She was only 23 when she died…finally at home in Hawai'i, but health broken
by a life-time of losses - of her governess, god-mother, mother, uncle,
beloved half-sister, guardian, and country. At two a.m. on the morning of
March 6th, 1899, the peacocks dwelling in the 10-acre grounds of her
magnificent home estate ‘Ainahau ("land of hau trees" or "cool place")
abruptly began to scream…a terrible din which alerted all of Honolulu to the
fact that the brave half-Scottish Princess who had traveled so far, seen so
much, and made such gallant efforts to save her Hawaiian nation had only
returned home to defeat, ill health (it is likely she suffered from thyroid
disease), and death. To this day, legend has it that the cherished pets of
"The Princess of the Peacocks" knew the spirit of their mistress had
fled…some of them becoming so inconsolably raucous as a result that the
Princess’ stricken father had to have them shot.

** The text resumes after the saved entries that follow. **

-- ===== src/SessionManager/Consistency.antt =====
-- How the two maps of a session manager agree
-- (include/uxr/agent/transport/SessionManager.hpp).
use micro_xrce_dds_agent.Common.{
  ℕ, ◌≡◌, refl, ap, inl, inr, Bool, false, not, ◌&&◌, ◌∙◌, none, some, arith, if◌then◌else◌,
  Option-cases, Bool-cases, ◌==◌,
}
use micro_xrce_dds_agent.Common.Map.{
  Eq, nat_eq, find, find-erase, find-erase_self, find-assign, find-emplace,
}
use micro_xrce_dds_agent.SessionManager.{
  has_session_client_key, SessionManager, establish_session, establish_client, establish_endpoint,
  destroy_session_of_endpoint, destroy_session_of_client, get_client_key, get_endpoint,
}

module _ {EndPoint : Type 0} ⦃q : Eq EndPoint⦄ where
  -- After a session is established, its client's endpoint is the new one and the other clients'
  -- endpoints are what they were.
  pub get_endpoint-establish_session :
      (s : SessionManager EndPoint) (e : EndPoint) (k id j : ℕ)
      → get_endpoint (establish_session s e k id) j ≡ (if k == j then some e else get_endpoint s j)
  unfolding establish_session get_endpoint
  get_endpoint-establish_session s e k id j =
      let m = s.client_to_endpoint_map in ground (arith, find-assign k j e m, find-emplace k j e m)

  -- Whether `f` is the endpoint at which the client `k` was.
  abbrev pub was_at : SessionManager EndPoint → ℕ → EndPoint → Bool
  was_at s k f = elim (get_endpoint s k) [ some old ↦ q.beq old f | none ↦ false ]

  establish_client_keys :
      (s : SessionManager EndPoint) (e : EndPoint) (k : ℕ) (f : EndPoint)
      → find f (establish_client s e k).endpoint_to_client_map
        ≡ (if was_at s k f then none else get_client_key s f)
  unfolding get_endpoint get_client_key
  establish_client_keys s e k f = elim (Option-cases (find k s.client_to_endpoint_map)) [
    | inl h ↦ rw (h, establish_client, was_at, get_endpoint) refl
    | inr (old, h) ↦
        rw (h, establish_client, was_at, get_endpoint) (find-erase old f s.endpoint_to_client_map)
  ]

  establish_endpoint_keys :
      (t : SessionManager EndPoint) (e : EndPoint) (k : ℕ) (f : EndPoint)
      → find f (establish_endpoint t e k).endpoint_to_client_map
        ≡ (if q.beq e f then some k else find f t.endpoint_to_client_map)
  establish_endpoint_keys t e k f = elim (Option-cases (find e t.endpoint_to_client_map)) [
    | inl h ↦ rw (h, establish_endpoint) (find-emplace e f k t.endpoint_to_client_map h)
    | inr (other, h) ↦ rw (h, establish_endpoint) (find-assign e f k t.endpoint_to_client_map)
  ]

  -- After a session is established, a client whose messages have no key is found at its
  -- endpoint; the endpoint at which the client was before is forgotten, and the other
  -- endpoints lead where they led.
  pub get_client_key-establish_session :
      (s : SessionManager EndPoint) (e : EndPoint) (k id : ℕ) (f : EndPoint)
      → get_client_key (establish_session s e k id) f ≡ (
          if not (has_session_client_key id) && q.beq e f
          then some k
          else if was_at s k f
          then none
          else get_client_key s f)
  unfolding establish_session get_client_key
  get_client_key-establish_session s e k id f = elim (Bool-cases (has_session_client_key id)) [
    | inl h ↦ rw h (establish_client_keys s e k f)
    | inr h ↦ rw h (
        establish_endpoint_keys (establish_client s e k) e k f
        ∙ ap (λ x. if q.beq e f then some k else x) (establish_client_keys s e k f))
  ]

  -- An endpoint that leads to a client is the endpoint of that client.
  abbrev pub IsConsistent : SessionManager EndPoint → Type 0
  IsConsistent s = (e : EndPoint) (k : ℕ) → get_client_key s e ≡ some k → get_endpoint s k ≡ some e

  -- Establishing a session keeps the two maps consistent.
  pub establish_session-IsConsistent :
      (s : SessionManager EndPoint) (e : EndPoint) (k id : ℕ)
      → IsConsistent s
      → IsConsistent (establish_session s e k id)
  establish_session-IsConsistent s e k id ok f j found = ground (
    arith,
    get_endpoint-establish_session s e k id j,
    get_client_key-establish_session s e k id f,
    ok f j,
    q.beq_iff e f,
    q.beq_iff f f,
  )

  -- Ending the session at an endpoint keeps the two maps consistent.
  pub destroy_session_of_endpoint-IsConsistent :
      (s : SessionManager EndPoint) (e : EndPoint)
      → IsConsistent s
      → IsConsistent (destroy_session_of_endpoint s e)
  unfolding destroy_session_of_endpoint get_client_key get_endpoint
  destroy_session_of_endpoint-IsConsistent s e ok f j found =
      let m = s.endpoint_to_client_map in
      elim (Option-cases (find e m)) [
        | inl h ↦ ground (arith, h, ok f j)
        | inr (key, h) ↦ ground (
          arith,
          h,
          ok f j,
          ok e key,
          find-erase e f m,
          find-erase key j s.client_to_endpoint_map,
          q.beq_iff e f,
        )
      ]

  -- Ending the session of a client keeps the two maps consistent.
  pub destroy_session_of_client-IsConsistent :
      (s : SessionManager EndPoint) (k : ℕ)
      → IsConsistent s
      → IsConsistent (destroy_session_of_client s k)
  unfolding destroy_session_of_client get_client_key get_endpoint
  destroy_session_of_client-IsConsistent s k ok f j found =
      let m = s.client_to_endpoint_map in
      elim (Option-cases (find k m)) [
        | inl h ↦ ground (arith, h, ok f j)
        | inr (e, h) ↦ ground (
          arith,
          h,
          ok f j,
          find-erase e f s.endpoint_to_client_map,
          find-erase k j m,
          q.beq_iff e f,
        )
      ]

  pub get_endpoint-destroy_session_of_client :
      (s : SessionManager EndPoint) (k : ℕ) → get_endpoint (destroy_session_of_client s k) k ≡ none
  unfolding destroy_session_of_client get_endpoint
  get_endpoint-destroy_session_of_client s k =
      elim (Option-cases (find k s.client_to_endpoint_map)) [
        | inl h ↦ rw (h, destroy_session_of_client) h
        | inr (e, h) ↦
            rw (h, destroy_session_of_client) (find-erase_self k s.client_to_endpoint_map)
      ]
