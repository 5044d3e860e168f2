-- ===== src/Root.antt =====
-- The agent's clients (src/cpp/Root.cpp). Every operation holds the lock. The map is ordered by
-- the keys, arrays of four octets in lexicographic order; the iterator `current_client_` is the
-- key that it stands at, `none` at the end. A client that goes is released with its middleware,
-- which no other client uses. Log levels and the file of profiles are left out.
pub mod Keys
pub mod Ascending
pub mod Invariant
pub mod Lookup
pub mod Visit
pub mod Tests
use micro_xrce_dds_agent.Common.{
  ℕ, Bool, true, false, not, ◌&&◌, ◌||◌, List, [], ◌∷◌, Option, none, some, ltb, ◌==◌,
  if◌then◌else◌,
}
use micro_xrce_dds_agent.Common.Map.{Map, octets_eq, octets_beq, find, erase, assign, emplace}
use micro_xrce_dds_agent.Cdr.{Cdr}
use micro_xrce_dds_agent.Client.Types.{
  StatusValue, status_ok, status_err_invalid_data, status_err_incompatible,
  status_err_unknown_reference, status_err_resources,
}
use micro_xrce_dds_agent.Client.Proxy.{ClientRepresentation, ProxyClient, Environment, Properties}
use micro_xrce_dds_agent.Client.Proxy as Proxy
use micro_xrce_dds_agent.Session

abbrev pub ClientKey : Type 0
ClientKey = List ℕ

abbrev pub clientkey_invalid : ClientKey
clientkey_invalid = 0 ∷ 0 ∷ 0 ∷ 0 ∷ []

abbrev pub xrce_cookie : List ℕ
xrce_cookie = 0x58 ∷ 0x52 ∷ 0x43 ∷ 0x45 ∷ []

abbrev pub xrce_version_major : ℕ
xrce_version_major = 1

-- `operator<` of arrays.
unfoldable pub key_lt : ClientKey → ClientKey → Bool
key_lt [] [] = false
key_lt [] (y ∷ ys) = true
key_lt (x ∷ xs) [] = false
key_lt (x ∷ xs) (y ∷ ys) = ltb x y || (x == y) && key_lt xs ys

module _ {V : Type 0} where
  -- `emplace` of a key that is not there, at its place in the order.
  unfoldable pub insert : ClientKey → V → Map ClientKey V → Map ClientKey V
  insert k v [] = (k, v) ∷ []
  insert k v ((j, w) ∷ m) = if key_lt k j then (k, v) ∷ (j, w) ∷ m else (j, w) ∷ insert k v m

  -- `begin()`.
  abbrev pub first : Map ClientKey V → Option ClientKey
  first [] = none
  first ((j, w) ∷ m) = some j

  -- `++iterator`, at the entry of a key.
  unfoldable pub next : ClientKey → Map ClientKey V → Option ClientKey
  next k [] = none
  next k ((j, w) ∷ m) = if octets_beq j k then first m else next k m

-- `client_properties.insert` in a loop.
unfoldable pub properties_of : List (List ℕ × List ℕ) → Properties → Properties
properties_of [] properties = properties
properties_of ((name, value) ∷ more) properties = properties_of more (emplace name value properties)

-- The properties that a new client is given.
abbrev pub given : ClientRepresentation → Properties
given representation = elim representation.properties [ none ↦ [] | some v ↦ properties_of v [] ]

module _ (c : Cdr) (World : Type 0) where
  pub record Root : Type 0 where
    pub clients : Map ClientKey (ProxyClient c World)
    pub current_client : Option ClientKey

module _ (c : Cdr) {World : Type 0} where
  unfoldable pub get_client : ClientKey → Root c World → Option (ProxyClient c World)
  get_client key r = find key r.clients

  unfoldable pub delete_client : ClientKey → Root c World → StatusValue × Root c World
  delete_client key r = elim (get_client key r) [
    | none ↦ (status_err_unknown_reference, r)
    | some client ↦ (
      status_ok,
      record {
        clients = erase key r.clients;
        current_client = elim r.current_client [
          | none ↦ none
          | some at ↦ if octets_beq key at then next at r.clients else some at
        ];
      },
    )
  ]

  -- `none` for a client's constructor that throws.
  module _ (env : Environment World) (uninitialized now : ℕ) where
    unfoldable pub create_client :
        ClientRepresentation → Root c World → Option (StatusValue × Root c World)
    create_client representation r =
        let key = representation.client_key in
        if octets_beq key clientkey_invalid
        then some (status_err_invalid_data, r)
        else if not (octets_beq representation.xrce_cookie xrce_cookie)
        then some (status_err_invalid_data, r)
        else if not (representation.xrce_version_major == xrce_version_major)
        then some (status_err_incompatible, r)
        else elim (find key r.clients) [
          | none ↦
              elim (Proxy.create c env uninitialized representation (given representation) now) [
                | none ↦ none
                | some client ↦ some (status_ok, record r { clients = insert key client r.clients })
              ]
          | some client ↦
              if not (representation.session_id == client.representation.session_id)
              then elim (Proxy.create c env uninitialized representation [] now) [
                | none ↦ none
                | some fresh ↦ some (status_ok, record r { clients = assign key fresh r.clients })
              ]
              else some (
                status_ok,
                record r {
                  clients =
                      assign key (record client { session = Session.reset c client.session })
                        r.clients;
                },
              )
        ]

  -- `none` for `rv` false.
  unfoldable pub get_next_client : Root c World → Option (ProxyClient c World) × Root c World
  get_next_client r = elim r.current_client [
    | none ↦ (none, record r { current_client = first r.clients })
    | some at ↦ (find at r.clients, record r { current_client = next at r.clients })
  ]

  -- The destructor and `reset`.
  unfoldable pub reset : Root c World → Root c World
  reset r = record { clients = []; current_client = none }
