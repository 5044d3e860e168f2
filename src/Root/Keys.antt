-- ===== src/Root/Keys.antt =====
-- The map of the clients as a list: insertion in order and iterators (src/cpp/Root.cpp).
use micro_xrce_dds_agent.Common.{
  ◌≡◌, refl, subst, if_each, ◌∙◌, inl, inr, Bool, true, false, [], ◌∷◌, none, some, arith,
  if◌then◌else◌, Bool-cases, is_some,
}
use micro_xrce_dds_agent.Common.Map.{
  Map, octets_eq, octets_beq, octets_beq_iff, beq_refl, find, erase, assign, find-erase,
  find-assign,
}
use micro_xrce_dds_agent.Root.{ClientKey, key_lt, insert, first, next}

module _ {V : Type 0} where
  -- Every key has one entry.
  abbrev pub HasUniqueKeys : Map ClientKey V → Type 0
  HasUniqueKeys [] = Unit
  HasUniqueKeys ((k, v) ∷ m) = (find k m ≡ none) × HasUniqueKeys m

  abbrev pub has : ClientKey → Map ClientKey V → Bool
  has k m = is_some (find k m)

  pub find-insert :
      (k j : ClientKey) (v : V) (m : Map ClientKey V)
      → find k m ≡ none
      → find j (insert k v m) ≡ (if octets_beq k j then some v else find j m)
  unfolding find insert
  find-insert k j v [] absent = refl
  find-insert k j v ((i, w) ∷ m) absent =
      ground
        (arith, find-insert k j v m, octets_beq_iff i k, octets_beq_iff i j, octets_beq_iff k j)

  pub insert-HasUniqueKeys :
      (k : ClientKey) (v : V) (m : Map ClientKey V)
      → find k m ≡ none
      → HasUniqueKeys m
      → HasUniqueKeys (insert k v m)
  unfolding find insert
  insert-HasUniqueKeys k v [] absent unique = (refl, tt)
  insert-HasUniqueKeys k v ((i, w) ∷ m) absent (new, unique) =
      if_each HasUniqueKeys (key_lt k i) _ _ (absent, (new, unique))
        (kept absent, insert-HasUniqueKeys k v m (later absent) unique)
    where
      later : find k ((i, w) ∷ m) ≡ none → find k m ≡ none
      later absent = ground arith

      kept : find k ((i, w) ∷ m) ≡ none → find i (insert k v m) ≡ none
      kept absent = ground (arith, find-insert k i v m, octets_beq_iff i k, octets_beq_iff k i)

  pub erase-HasUniqueKeys :
      (k : ClientKey) (m : Map ClientKey V) → HasUniqueKeys m → HasUniqueKeys (erase k m)
  unfolding erase
  erase-HasUniqueKeys k [] unique = tt
  erase-HasUniqueKeys k ((i, w) ∷ m) (new, unique) = elim (Bool-cases (octets_beq i k)) [
    | inl same ↦ rw same (erase-HasUniqueKeys k m unique)
    | inr other ↦ rw other (
      find-erase k i m ∙ if_each (λ o. o ≡ none) (octets_beq k i) _ _ refl new,
      erase-HasUniqueKeys k m unique,
    )
  ]

  pub assign-HasUniqueKeys :
      (k : ClientKey) (v : V) (m : Map ClientKey V) → HasUniqueKeys m → HasUniqueKeys (assign k v m)
  unfolding find assign
  assign-HasUniqueKeys k v [] unique = (refl, tt)
  assign-HasUniqueKeys k v ((i, w) ∷ m) (new, unique) = elim (Bool-cases (octets_beq i k)) [
    | inl same ↦ rw same (subst (λ j. find j m ≡ none) ((octets_beq_iff i k).0 same) new, unique)
    | inr other ↦ rw other (kept other, assign-HasUniqueKeys k v m unique)
  ]
    where
      kept : octets_beq i k ≡ false → find i (assign k v m) ≡ none
      kept other = ground (arith, find-assign k i v m, octets_beq_iff i k, octets_beq_iff k i)

  pub has-first : (m : Map ClientKey V) (j : ClientKey) → first m ≡ some j → has j m ≡ true
  unfolding find
  has-first [] j at = cc
  has-first ((i, w) ∷ m) j at = ground (arith, beq_refl j)

  pub has-next : (k j : ClientKey) (m : Map ClientKey V) → next k m ≡ some j → has j m ≡ true
  unfolding find next
  has-next k j [] at = cc
  has-next k j ((i, w) ∷ m) at = ground (arith, has-next k j m, has-first m j)

  pub next_other :
      (k j : ClientKey) (m : Map ClientKey V)
      → HasUniqueKeys m
      → next k m ≡ some j
      → octets_beq k j ≡ false
  unfolding find next
  next_other k j [] unique at = cc
  next_other k j ((i, w) ∷ m) (new, unique) at =
      ground (arith, next_other k j m unique, has-first m j, octets_beq_iff k j, octets_beq_iff i k)
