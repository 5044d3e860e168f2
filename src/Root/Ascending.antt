-- ===== src/Root/Ascending.antt =====
-- The map of the clients is ordered by the keys (src/cpp/Root.cpp, where it is a `std::map`).
use micro_xrce_dds_agent.Common.{
  ◌≡◌, refl, sym, ap, subst, ◌∙◌, inl, inr, Bool, true, false, [], ◌∷◌, none, arith, if◌then◌else◌,
  Bool-cases, is_some,
}
use micro_xrce_dds_agent.Common.Map.{
  Map, octets_eq, octets_beq, octets_beq_iff, find, erase, assign, find-erase, find-assign,
}
use micro_xrce_dds_agent.Root.{ClientKey, key_lt, insert}
use micro_xrce_dds_agent.Root.Keys.{has, find-insert}

key_lt_trans : (j k l : ClientKey) → key_lt j k ≡ true → key_lt k l ≡ true → key_lt j l ≡ true
unfolding key_lt
key_lt_trans [] [] l p q = cc
key_lt_trans [] (y ∷ ys) [] p q = cc
key_lt_trans [] (y ∷ ys) (z ∷ zs) p q = refl
key_lt_trans (x ∷ xs) [] l p q = cc
key_lt_trans (x ∷ xs) (y ∷ ys) [] p q = cc
key_lt_trans (x ∷ xs) (y ∷ ys) (z ∷ zs) p q = ground (arith, key_lt_trans xs ys zs)

key_lt_either : (j k : ClientKey) → key_lt j k ≡ false → octets_beq k j ≡ false → key_lt k j ≡ true
unfolding key_lt
key_lt_either [] [] p q = cc
key_lt_either [] (y ∷ ys) p q = cc
key_lt_either (x ∷ xs) [] p q = refl
key_lt_either (x ∷ xs) (y ∷ ys) p q = ground (arith, key_lt_either xs ys)

module _ {V : Type 0} where
  -- Every key in the map is greater than `k`.
  abbrev IsBelow : ClientKey → Map ClientKey V → Type 0
  IsBelow k m = (j : ClientKey) → has j m ≡ true → key_lt k j ≡ true

  -- The keys stand in ascending order.
  abbrev pub IsAscending : Map ClientKey V → Type 0
  IsAscending [] = Unit
  IsAscending ((k, v) ∷ m) = IsBelow k m × IsAscending m

  IsBelow-insert :
      (i k : ClientKey) (v : V) (m : Map ClientKey V)
      → find k m ≡ none
      → key_lt i k ≡ true
      → IsBelow i m
      → IsBelow i (insert k v m)
  IsBelow-insert i k v m absent less below j there = elim (Bool-cases (octets_beq k j)) [
    | inl same ↦ ap (key_lt i) (sym ((octets_beq_iff k j).0 same)) ∙ less
    | inr other ↦ below j (rw (← there, find-insert k j v m absent, other) refl)
  ]

  pub insert-IsAscending :
      (k : ClientKey) (v : V) (m : Map ClientKey V)
      → find k m ≡ none
      → IsAscending m
      → IsAscending (insert k v m)
  unfolding find insert
  insert-IsAscending k v [] absent ascending = (λ j there. cc, tt)
  insert-IsAscending k v ((i, w) ∷ m) absent (below, ascending) = elim (Bool-cases (key_lt k i)) [
    | inl less ↦ rw less (below_both less, (below, ascending))
    | inr not_less ↦ rw not_less (
      IsBelow-insert i k v m later (key_lt_either k i not_less other) below,
      insert-IsAscending k v m later ascending,
    )
  ]
    where
      later : find k m ≡ none
      later = ground arith

      other : octets_beq i k ≡ false
      other = ground arith

      below_both : key_lt k i ≡ true → IsBelow k ((i, w) ∷ m)
      below_both less j there = elim (Bool-cases (octets_beq i j)) [
        | inl same ↦ ap (key_lt k) (sym ((octets_beq_iff i j).0 same)) ∙ less
        | inr differs ↦ key_lt_trans k i j less (below j (rw (← there, differs) refl))
      ]

  pub erase-IsAscending :
      (k : ClientKey) (m : Map ClientKey V) → IsAscending m → IsAscending (erase k m)
  unfolding erase
  erase-IsAscending k [] ascending = tt
  erase-IsAscending k ((i, w) ∷ m) (below, ascending) = elim (Bool-cases (octets_beq i k)) [
    | inl same ↦ rw same (erase-IsAscending k m ascending)
    | inr other ↦ rw other (kept, erase-IsAscending k m ascending)
  ]
    where
      kept : IsBelow i (erase k m)
      kept j there = below j (had (octets_beq k j) (ap is_some (sym (find-erase k j m)) ∙ there))
        where
          had : (b : Bool) → is_some (if b then none else find j m) ≡ true → has j m ≡ true
          had true e = cc
          had false e = e

  -- The entry of a key that is there is assigned to.
  pub assign-IsAscending :
      (k : ClientKey) (v : V) (m : Map ClientKey V)
      → has k m ≡ true
      → IsAscending m
      → IsAscending (assign k v m)
  unfolding find assign
  assign-IsAscending k v [] there ascending = cc
  assign-IsAscending k v ((i, w) ∷ m) there (below, ascending) =
      elim (Bool-cases (octets_beq i k)) [
        | inl same ↦
            rw same (subst (λ l. IsBelow l m) ((octets_beq_iff i k).0 same) below, ascending)
        | inr other ↦
            let later : has k m ≡ true = rw (← there, other) refl in
            rw other (kept later, assign-IsAscending k v m later ascending)
      ]
    where
      kept : has k m ≡ true → IsBelow i (assign k v m)
      kept later j held = elim (Bool-cases (octets_beq k j)) [
        | inl same ↦ below j (ap (λ l. has l m) (sym ((octets_beq_iff k j).0 same)) ∙ later)
        | inr other ↦ below j (rw (← held, find-assign k j v m, other) refl)
      ]
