-- ===== src/Keys.antt =====
-- The keys of common/utils/utils.go and virtual_kubelet/node/pod.go: how pods, containers, nodes
-- and biz modules are named, and how the names are taken apart again.
pub mod RoundTrip
pub mod Names
pub mod Tests
use virtual_kubelet.Common.{
  ℕ, ◌≡◌, Option, none, some, List, [], ◌∷◌, ◌++◌, Text, text, split, join, drop_last, cut_last,
  Error, message,
}

-- `GetPodKey` of a pod that is there; it is "" for a nil pod.
unfoldable pub get_pod_key : Text → Text → Text
get_pod_key namespace name = namespace ++ b'/' ∷ name

unfoldable pub two_parts : List Text → Text × Text
two_parts (a ∷ b ∷ []) = (a, b)
two_parts _ = ([], [])

unfoldable pub get_namespace_and_name_from_pod_key : Text → Text × Text
unfolding two_parts
get_namespace_and_name_from_pod_key pod_key = two_parts (split pod_key b'/')

-- `strings.Join(parts[:2], "/")`; the slice panics on fewer parts.
unfoldable pub first_two : List Text → Option Text
first_two (a ∷ b ∷ rest) = some (join (a ∷ b ∷ []) b'/')
first_two _ = none

unfoldable pub after_two : List Text → Option Text
after_two (a ∷ b ∷ rest) = some (join rest b'/')
after_two _ = none

unfoldable pub get_pod_key_from_container_key : Text → Option Text
unfolding first_two
get_pod_key_from_container_key key = first_two (split key b'/')

unfoldable pub get_container_name_from_container_key : Text → Option Text
unfolding after_two
get_container_name_from_container_key key = after_two (split key b'/')

unfoldable pub get_container_key : Text → Text → Text
get_container_key pod_key container_name = pod_key ++ b'/' ∷ container_name

abbrev pub vnode_prefix : Text
vnode_prefix = text "vnode"

unfoldable pub format_node_name : Text → Text → Text
format_node_name node_id env = vnode_prefix ++ b'.' ∷ (node_id ++ b'.' ∷ env)

unfoldable pub middle_parts : List Text → Text
middle_parts [] = []
middle_parts (p ∷ []) = []
middle_parts (p ∷ q ∷ rest) = join (drop_last (q ∷ rest)) b'.'

unfoldable pub extract_node_id_from_node_name : Text → Text
unfolding middle_parts
extract_node_id_from_node_name node_name = middle_parts (split node_name b'.')

pub data KeyResult : Type 0 where
  parts : Text → Text → KeyResult
  bad_key : Error → KeyResult

unfoldable pub name_parts : List Text → KeyResult
name_parts (name ∷ []) = parts [] name
name_parts (namespace ∷ name ∷ []) = parts namespace name
name_parts _ = bad_key (message (text "unexpected key format"))

unfoldable pub split_meta_namespace_key : Text → KeyResult
unfolding name_parts
split_meta_namespace_key key = name_parts (split key b'/')

unfoldable pub get_biz_identity : Text → Text → Text
get_biz_identity biz_name biz_version = biz_name ++ b':' ∷ biz_version

unfoldable pub get_biz_name_and_version_from_unique_key : Text → Text × Text
unfolding two_parts
get_biz_name_and_version_from_unique_key key = two_parts (split key b':')

-- `fmt.Sprintf("%v/%v", key, pod.UID)`, the keys of the deletion queue.
unfoldable pub deletion_key : Text → Text → Text
deletion_key key uid = key ++ b'/' ∷ uid

-- The uid and the pod key; slicing at `LastIndex` -1 panics.
unfoldable pub get_uid_and_meta_namespace_key : Text → Option (Text × Text)
get_uid_and_meta_namespace_key key = elim (cut_last key b'/') [
  | none ↦ none
  | some (meta_key, uid) ↦ some (uid, meta_key)
]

Even her political enemies (who had sneered at her as the “British
Princess”, or insultingly suggested the “ex-Princess” could open a jewelry
shop!) expressed their grief at her unexpected passing: "It was impossible
not to love her," acknowledged the American-controlled Honolulu press.
Despite the continued noble efforts of her aunt the Queen and loyal
Royalists to bring America to account for the overthrow of the rightful
Hawaiian government (and subsequent illegal annexation of the island
nation), with the death of their beloved Crown Princess, many Hawaiians felt
that hope for restoration of their Nation during their life-times was at an
end. But the influence of the short life of this queenly young woman
continues to this very day…inspiring people of many walks of life and
differing backgrounds to various achievements in her honor. Two communities
(and many individuals with ancestral ties to both) take great pride in her,
and justly so.
Today Ka’iulani’s fascinating duality and unbowed Hawaiian spirit inspires
artists, musicians, poets and dramatists to creative attempts to evoke its
essence, and explore the Princess’ significance to the complicated modern
Hawaiian political and cultural scene. The renowned musical duo "HAPA"
(whose name reflects the respective Kanaka Maoli/Caucasian ethnic origins of
the musicians) have produced one of the loveliest of all the innumerable
songs that have been composed in Ka’iulani’s honor since her birth: "Nani
Wale o Ka’iulani"… a song perpetuating a 19th century Hawaiian form in which
English and ‘Olelo Hawai'i (Hawaiian language) lyrics are mixed together.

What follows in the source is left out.